==== SOURCE DATA
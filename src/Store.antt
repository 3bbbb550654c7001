-- ===== src/Store.antt =====
-- The database of app/stores: tables, JSON values and rows.
pub mod Table
pub mod Loops
pub mod Values
pub mod Rows
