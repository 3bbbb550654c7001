-- ===== src/Worker.antt =====
-- app/workers: the commands, the handlers that run them and the consumer that delivers them.
pub mod Messages
pub mod Handlers
pub mod Consumer
pub mod Redelivery
pub mod Resumption
pub mod RoundTrip
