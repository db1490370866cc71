-- ===== src/Lib.antt =====
-- SynQc TDS, the hybrid controller: a development of the logic of backend/synqc_backend/ and of the
-- add-on in archives/addons/.
--
-- A request for an experiment passes the guardrails of the engine (engine.py), which reserve shots
-- with the budget tracker (budget.py), is queued and run by the job queue (jobs.py), and its
-- outcome is kept by the experiment store (storage.py).
--
-- Files:
-- - Prelude, Dict: names of the libraries, tests on numbers, lists, signed integers, results, and
--   Python's dict with text keys (`get`, `put`, `pop`), the removal loop of the trackers with a
--   lifetime (Dict/Sweep) and counting (Dict/Tally).
-- - Models: backend/synqc_backend/models.py and the profile of control_profiles.py.
-- - Budget: backend/synqc_backend/budget.py, `BudgetTracker`. Budget/Redis is the interface of the
--   Redis server, Budget/Memory, Cap and Local are about the in-memory path, Script about
--   `_LUA_RESERVE`, Shared about attempts on a shared server, Capped about the cap under each call,
--   History about histories of calls.
-- - Engine: backend/synqc_backend/engine.py, `_apply_shot_guardrails`. Engine/Guardrails is about it
--   over a tracker in memory, Engine/Shared over one with a Redis server. Engine/Kpis are the
--   adjustments of the KPIs, Engine/Run is `run_experiment`, which puts the guardrail, the answer
--   of the provider, QubitUsage and Storage together.
-- - Storage: backend/synqc_backend/storage.py, `ExperimentStore`; Storage/Sorting is Python's
--   `sorted`.
-- - Jobs: backend/synqc_backend/jobs.py, `JobQueue`. Jobs/Threads are the sections of
--   `_run_job`, Jobs/Statistics is `stats`. Jobs/Steps are the interleavings of the threads,
--   Jobs/Failures, Counting and Pending what holds of them.
-- - QubitUsage: backend/synqc_backend/qubit_usage.py, `SessionQubitTracker`.
-- - EventLog: backend/synqc_backend/orchestration/event_store.py, `EventStore`.
-- - Auth: backend/synqc_backend/auth/deps.py. Auth/Scopes is about `require_scopes` and
--   `require_csrf`, Auth/Principals about `get_principal`.
-- - ControlProfiles: backend/synqc_backend/control_profiles.py, `ControlProfileStore`.
-- - ProviderMetrics: backend/synqc_backend/metrics_recorder.py, the summary of
--   `ProviderMetricsRecorder`.
-- - Shor: the add-on under archives/addons/synqc_shor_addon_v2/synqc_shor_addon_v2/backend/
--   synqc_shor/. Shor/RunStore is run_store.py, Shor/Factor classical_factor.py and factor.py. The
--   fuel of the trial division is the square root, more than the number of its steps.
-- - RequestSize: backend/synqc_backend/middleware.py, `MaxRequestSizeMiddleware`. The fuel of
--   the replay is the length of the body, of which each message takes at least one byte.
-- - RateLimit: `RateLimitMiddleware` of the same file, over an interface of the Redis counters.
-- - JobStore: backend/synqc_backend/job_store.py, over the interface of Redis commands in
--   JobStore/Redis; Queueing: queueing.py of the same directory; WorkerService: `process_one` of
--   worker_service.py. WorkerService/Attempts follows one job through its attempts.
-- - RunQueue: backend/synqc_backend/run_queue.py, `RedisRunQueue`, over the interface of Redis
--   commands in RunQueue/Redis. RunQueue/Counters, Waiting and Claims are about its single
--   operations, Traces are the histories of its clients and workers, Balance and
--   Accounts what holds of them.
-- - RunWorker: backend/synqc_backend/worker.py, `_process_job`.
-- - Workflow: backend/synqc_backend/orchestration/workflow.py and call_client.py; Multicall:
--   backend/synqc_backend/agents/multicall.py. The fuel of the polling loop is the number of its
--   polls; two are enough, since the second answer ends it.
-- - Providers: backend/synqc_backend/provider_clients.py, the clients that sample their counts.
-- - Tests: runs and instances at concrete inputs.
--
-- Times are whole numbers of one unit, and the clock is an argument. Floating point values are of
-- a parameter type where they are only stored, and of an interface of their operations in
-- Engine/Kpis. A call that reaches a server or a file takes the
-- environment's answer as an argument. Locks make the sections of a method atomic steps.
--
-- Not modelled: the HTTP routes, which only route and serialise; the vendors' SDKs and the
-- simulators, the floating point estimators of kpi_estimators.py and stats.py, log output and the
-- Prometheus client, which compute nothing that the parts above decide by; the tables behind the
-- authentication (auth/store.py), whose state is a database of its own; rsa.py of the add-on; and
-- the sqlite spool of the job queue, whose class the program does not define.
mod Prelude
pub mod Dict
pub mod Models
pub mod Storage
pub mod Budget
pub mod Jobs
pub mod Engine
pub mod Auth
pub mod Shor
pub mod ProviderMetrics
pub mod ControlProfiles
pub mod RequestSize
pub mod RunQueue
pub mod RunWorker
pub mod Workflow
pub mod Multicall
pub mod RateLimit
pub mod JobStore
pub mod Queueing
pub mod WorkerService
pub mod Providers
pub mod EventLog
pub mod QubitUsage
mod Tests
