-- ===== src/Dict.antt =====
-- Python's `dict` with text keys, as the list of its entries in insertion order: `d.get(k)`,
-- `d[k] = v` (an old key keeps its place, a new one goes last) and `d.pop(k, None)`.
pub mod Sweep
pub mod Tally
use syn_qc_temporal_dynamics.Prelude.{
  ℕ, suc, ◌+◌, ◌-◌, ◌≤◌, String, ◌≡◌, refl, Bool, true, false, Option, none, some, List, [], ◌∷◌,
  arith, str_eq, eq_iff, if◌then◌else◌, length, All, Bool-cases, inl, inr,
}

abbrev pub Dict {ℓ} : Type ℓ → Type ℓ
Dict V = List (String × V)

module _ {ℓ} {V : Type ℓ} where
  unfoldable pub get : String → Dict V → Option V
  get k [] = none
  get k ((j, v) ∷ d) = if str_eq j k then some v else get k d

  unfoldable pub put : String → V → Dict V → Dict V
  put k v [] = (k, v) ∷ []
  put k v ((j, w) ∷ d) = if str_eq j k then (j, v) ∷ d else (j, w) ∷ put k v d

  unfoldable pub pop : String → Dict V → Dict V
  pop k [] = []
  pop k ((j, w) ∷ d) = if str_eq j k then d else (j, w) ∷ pop k d

  -- No key stands twice.
  abbrev pub Unique : Dict V → Type ℓ
  Unique [] = Unit
  Unique ((k, v) ∷ d) = (get k d ≡ none) × Unique d

  pub get-put :
      (k j : String) (v : V) (d : Dict V)
      → get j (put k v d) ≡ (if str_eq k j then some v else get j d)
  unfolding get put
  get-put k j v [] = refl
  get-put k j v ((i, w) ∷ d) = ground (arith, eq_iff k j, eq_iff i k, eq_iff i j, get-put k j v d)

  pub get-pop :
      (k j : String) (d : Dict V)
      → Unique d
      → get j (pop k d) ≡ (if str_eq k j then none else get j d)
  unfolding get pop
  get-pop k j [] u = ground arith
  get-pop k j ((i, w) ∷ d) u = ground (arith, eq_iff k j, eq_iff i k, eq_iff i j, get-pop k j d u.1)

  pub put-Unique : (k : String) (v : V) (d : Dict V) → Unique d → Unique (put k v d)
  unfolding put
  put-Unique k v [] u = unfold get in (refl, tt)
  put-Unique k v ((i, w) ∷ d) u =
      ground (arith, eq_iff i k, eq_iff k i, get-put k i v d, put-Unique k v d u.1)

  pub pop-Unique : (k : String) (d : Dict V) → Unique d → Unique (pop k d)
  unfolding pop
  pop-Unique k [] u = tt
  pop-Unique k ((i, w) ∷ d) u =
      ground (arith, eq_iff i k, eq_iff k i, get-pop k i d u.1, pop-Unique k d u.1)

  pub get-put_ne :
      (k j : String) (v : V) (d : Dict V) → str_eq k j ≡ false → get j (put k v d) ≡ get j d
  get-put_ne k j v d h = ground (arith, get-put k j v d)

  pub get-put_eq :
      (k j : String) (v : V) (d : Dict V) → str_eq k j ≡ true → get j (put k v d) ≡ some v
  get-put_eq k j v d h = ground (arith, get-put k j v d)
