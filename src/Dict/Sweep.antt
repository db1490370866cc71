-- ===== src/Dict/Sweep.antt =====
-- The removal loop that the trackers with a lifetime share: collect the keys whose entry passes a
-- test, then pop each of them.
use syn_qc_temporal_dynamics.Prelude.{
  String, ◌≡◌, refl, Bool, false, ◌||◌, Option, none, some, List, [], ◌∷◌, arith, str_eq, eq_iff,
  if◌then◌else◌,
}
use syn_qc_temporal_dynamics.Dict.{Dict, get, pop, Unique, get-pop, pop-Unique}

abbrev pub member : String → List String → Bool
member k [] = false
member k (j ∷ ks) = str_eq j k || member k ks

module _ {ℓ} {V : Type ℓ} where
  -- `[k for k, v in d.items() if p(v)]`
  unfoldable pub keys_if : (V → Bool) → Dict V → List String
  keys_if p [] = []
  keys_if p ((k, v) ∷ d) = if p v then k ∷ keys_if p d else keys_if p d

  -- `for k in ks: d.pop(k, None)`
  unfoldable pub pop_all : List String → Dict V → Dict V
  pop_all [] d = d
  pop_all (k ∷ ks) d = pop_all ks (pop k d)

  -- What is left of an entry.
  abbrev pub unless : (V → Bool) → Option V → Option V
  unless p none = none
  unless p (some v) = if p v then none else some v

  abbrev holds : (V → Bool) → Option V → Bool
  holds p none = false
  holds p (some v) = p v

  pub pop_all-Unique : (ks : List String) (d : Dict V) → Unique d → Unique (pop_all ks d)
  unfolding pop_all
  pop_all-Unique [] d u = u
  pop_all-Unique (k ∷ ks) d u = pop_all-Unique ks (pop k d) (pop-Unique k d u)

  pub get-pop_all :
      (ks : List String) (j : String) (d : Dict V)
      → Unique d
      → get j (pop_all ks d) ≡ (if member j ks then none else get j d)
  unfolding pop_all
  get-pop_all [] j d u = refl
  get-pop_all (k ∷ ks) j d u =
      ground (arith, get-pop_all ks j (pop k d) (pop-Unique k d u), get-pop k j d u)

  member-keys_if :
      (p : V → Bool) (j : String) (d : Dict V)
      → Unique d
      → member j (keys_if p d) ≡ holds p (get j d)
  unfolding keys_if get
  member-keys_if p j [] u = refl
  member-keys_if p j ((k, v) ∷ d) u = ground (arith, eq_iff k j, member-keys_if p j d u.1)

  -- The loop removes exactly the entries that pass the test.
  pub get-sweep :
      (p : V → Bool) (j : String) (d : Dict V)
      → Unique d
      → get j (pop_all (keys_if p d) d) ≡ unless p (get j d)
  get-sweep p j d u = ground (arith, get-pop_all (keys_if p d) j d u, member-keys_if p j d u)
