-- ===== src/Auth.antt =====
-- backend/synqc_backend/auth/deps.py: who a request is (`get_principal`), which scopes a route
-- asks for (`require_scopes`) and the test against forged requests (`require_csrf`). A request is
-- given by the headers and cookies that are read; the method is in capitals and
-- the bearer is what `_parse_bearer` returns. The
-- store behind the cookies and tokens is an interface.
pub mod Scopes
pub mod Principals
use syn_qc_temporal_dynamics.Prelude.{
  ℕ, String, str_eq, Bool, true, false, not, ◌&&◌, ◌||◌, Option, none, some, List, [], ◌∷◌,
  if◌then◌else◌, keep_if, Result, ok, raise,
}
use syn_qc_temporal_dynamics.Dict.Sweep.{member}

-- api_key_admin, user_session and api_token are the kinds beside anonymous.
pub data Kind : Type 0 where
  anonymous api_key_admin user_session api_token : Kind

pub record Principal : Type 0 where
  pub kind : Kind
  pub user_id : Option ℕ
  pub email : Option String
  pub is_admin : Bool
  pub scopes : List String

pub record Settings : Type 0 where
  pub api_key : Option String
  pub auth_required : Bool

pub record Request : Type 0 where
  pub method : String
  pub bearer : Option String
  pub x_api_key : Option String
  pub session_cookie : Option String
  pub csrf_cookie : Option String
  pub csrf_header : Option String

-- The columns of a user and of a session that are read here.
pub record User : Type 0 where
  pub id : ℕ
  pub email : String
  pub is_admin : Bool
  pub is_active : Bool

pub record Info : Type 0 where
  pub user_id : ℕ
  pub email : String
  pub is_admin : Bool
  pub scopes : List String

-- The operations of the store that authentication calls; a call may change the store.
pub record AuthStore : Type 1 where
  pub Store : Type 0
  pub session_user : String → Store → Store × Option ℕ
  pub get_user_by_id : ℕ → Store → Option User
  pub verify_api_token : String → Store → Store × Option Info

-- The exceptions: status 401, and 403 with what is missing or for a forged request.
pub data HttpError : Type 0 where
  unauthorized csrf_failed : HttpError
  missing_scope : List String → HttpError

-- A text in a condition: missing and empty are false.
abbrev pub present : Option String → Option String
present none = none
present (some t) = if str_eq t "" then none else some t

-- `a and b and a == b`
abbrev pub both_equal : Option String → Option String → Bool
both_equal (some a) (some b) = str_eq a b
both_equal _ none = false
both_equal none (some b) = false

abbrev pub is_some : Option String → Bool
is_some none = false
is_some (some _) = true

-- `auth_required()`
unfoldable pub needs_auth : Settings → Bool
needs_auth c = is_some (present c.api_key) || c.auth_required

abbrev pub api_key_principal : Principal
api_key_principal = record {
  kind = api_key_admin;
  user_id = none;
  email = none;
  is_admin = true;
  scopes = "*" ∷ [];
}

abbrev pub anonymous_principal : Principal
anonymous_principal = record {
  kind = anonymous;
  user_id = none;
  email = none;
  is_admin = false;
  scopes = [];
}

-- Step 1: the key of the settings, in its own header or as the bearer.
unfoldable pub has_api_key : Settings → Request → Bool
has_api_key c r =
    both_equal (present r.x_api_key) (present c.api_key)
    || both_equal (present r.bearer) (present c.api_key)

-- Both branches of the source's conditional give the scope `*`.
abbrev pub session_scopes : Bool → List String
session_scopes true = "*" ∷ []
session_scopes false = "*" ∷ []

abbrev pub session_principal : User → Principal
session_principal user = record {
  kind = user_session;
  user_id = some user.id;
  email = some user.email;
  is_admin = user.is_admin;
  scopes = session_scopes user.is_admin;
}

-- `scopes.add("*")` on a set.
abbrev pub add_scope : String → List String → List String
add_scope t scopes = if member t scopes then scopes else t ∷ scopes

abbrev pub token_principal : Info → Principal
token_principal info = record {
  kind = api_token;
  user_id = some info.user_id;
  email = some info.email;
  is_admin = info.is_admin;
  scopes = if info.is_admin then add_scope "*" info.scopes else info.scopes;
}

module _ (store : AuthStore) where
  open store use {Store, session_user, get_user_by_id, verify_api_token}

  -- Step 2: the session of the cookie, and its user.
  unfoldable pub from_session : Option String → Store → Store × Option Principal
  from_session none s = (s, none)
  from_session (some session_id) s =
      let (s', owner) = session_user session_id s in
      elim owner [
        | none ↦ (s', none)
        | some user_id ↦ elim (get_user_by_id user_id s') [
          | none ↦ (s', none)
          | some user ↦ (s', some (session_principal user))
        ]
      ]

  -- Step 3: the bearer as a token.
  unfoldable pub from_token : Option String → Store → Store × Option Principal
  from_token none s = (s, none)
  from_token (some bearer) s =
      let (s', found) = verify_api_token bearer s in
      elim found [ none ↦ (s', none) | some info ↦ (s', some (token_principal info)) ]

  -- Step 4: nobody.
  abbrev pub or_anonymous : Settings → Option Principal → Result HttpError Principal
  or_anonymous c (some p) = ok p
  or_anonymous c none = if needs_auth c then raise unauthorized else ok anonymous_principal

  abbrev pub session_or_token :
      Settings → Request → Store × Option Principal → Store × Result HttpError Principal
  session_or_token c r (s, some p) = (s, ok p)
  session_or_token c r (s, none) =
      let answer = from_token (present r.bearer) s in (answer.0, or_anonymous c answer.1)

  unfoldable pub get_principal : Settings → Request → Store → Store × Result HttpError Principal
  unfolding has_api_key
  get_principal c r s =
      if has_api_key c r
      then (s, ok api_key_principal)
      else session_or_token c r (from_session (present r.session_cookie) s)

-- `[s for s in required if s not in principal.scopes]`
unfoldable pub missing_scopes : List String → List String → List String
missing_scopes required scopes = keep_if (λ t. not (member t scopes)) required

abbrev pub check_missing : Principal → List String → Result HttpError Principal
check_missing p [] = ok p
check_missing p (t ∷ ts) = raise (missing_scope (t ∷ ts))

abbrev pub is_anonymous : Kind → Bool
is_anonymous anonymous = true
is_anonymous _ = false

unfoldable pub require_scopes : Settings → List String → Principal → Result HttpError Principal
unfolding needs_auth missing_scopes
require_scopes c required p =
    if not (needs_auth c)
    then ok p
    else if is_anonymous p.kind
    then raise unauthorized
    else if member "*" p.scopes
    then ok p
    else check_missing p (missing_scopes required p.scopes)

-- The methods that change nothing.
unfoldable pub is_safe_method : String → Bool
is_safe_method m = str_eq m "GET" || str_eq m "HEAD" || str_eq m "OPTIONS"

unfoldable pub require_csrf : Request → Result HttpError Unit
unfolding is_safe_method
require_csrf r =
    if is_safe_method r.method
    then ok tt
    else if not (is_some (present r.session_cookie))
    then ok tt
    else if both_equal (present r.csrf_cookie) (present r.csrf_header)
    then ok tt
    else raise csrf_failed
========
> **THE TASK**
The lines above starting at the one that contains "unfoldable pub get : String" and ending at the one that contains "get-put k j v [] = refl" must be transcribed exactly, and no other lines may appear.

> **RESPONSE TO THIS EXERCISE**
  unfoldable pub get : String → Dict V → Option V
  get k [] = none
  get k ((j, v) ∷ d) = if str_eq j k then some v else get k d

  unfoldable pub put : String → V → Dict V → Dict V
  put k v [] = (k, v) ∷ []
  put k v ((j, w) ∷ d) = if str_eq j k then (j, v) ∷ d else (j, w) ∷ put k v d

  unfoldable pub pop : String → Dict V → Dict V
  pop k [] = []
  pop k ((j, w) ∷ d) = if str_eq j k then d else (j, w) ∷ pop k d

  -- No key stands twice.
  abbrev pub Unique : Dict V → Type ℓ
  Unique [] = Unit
  Unique ((k, v) ∷ d) = (get k d ≡ none) × Unique d

  pub get-put :
      (k j : String) (v : V) (d : Dict V)
      → get j (put k v d) ≡ (if str_eq k j then some v else get j d)
  unfolding get put
  get-put k j v [] = refl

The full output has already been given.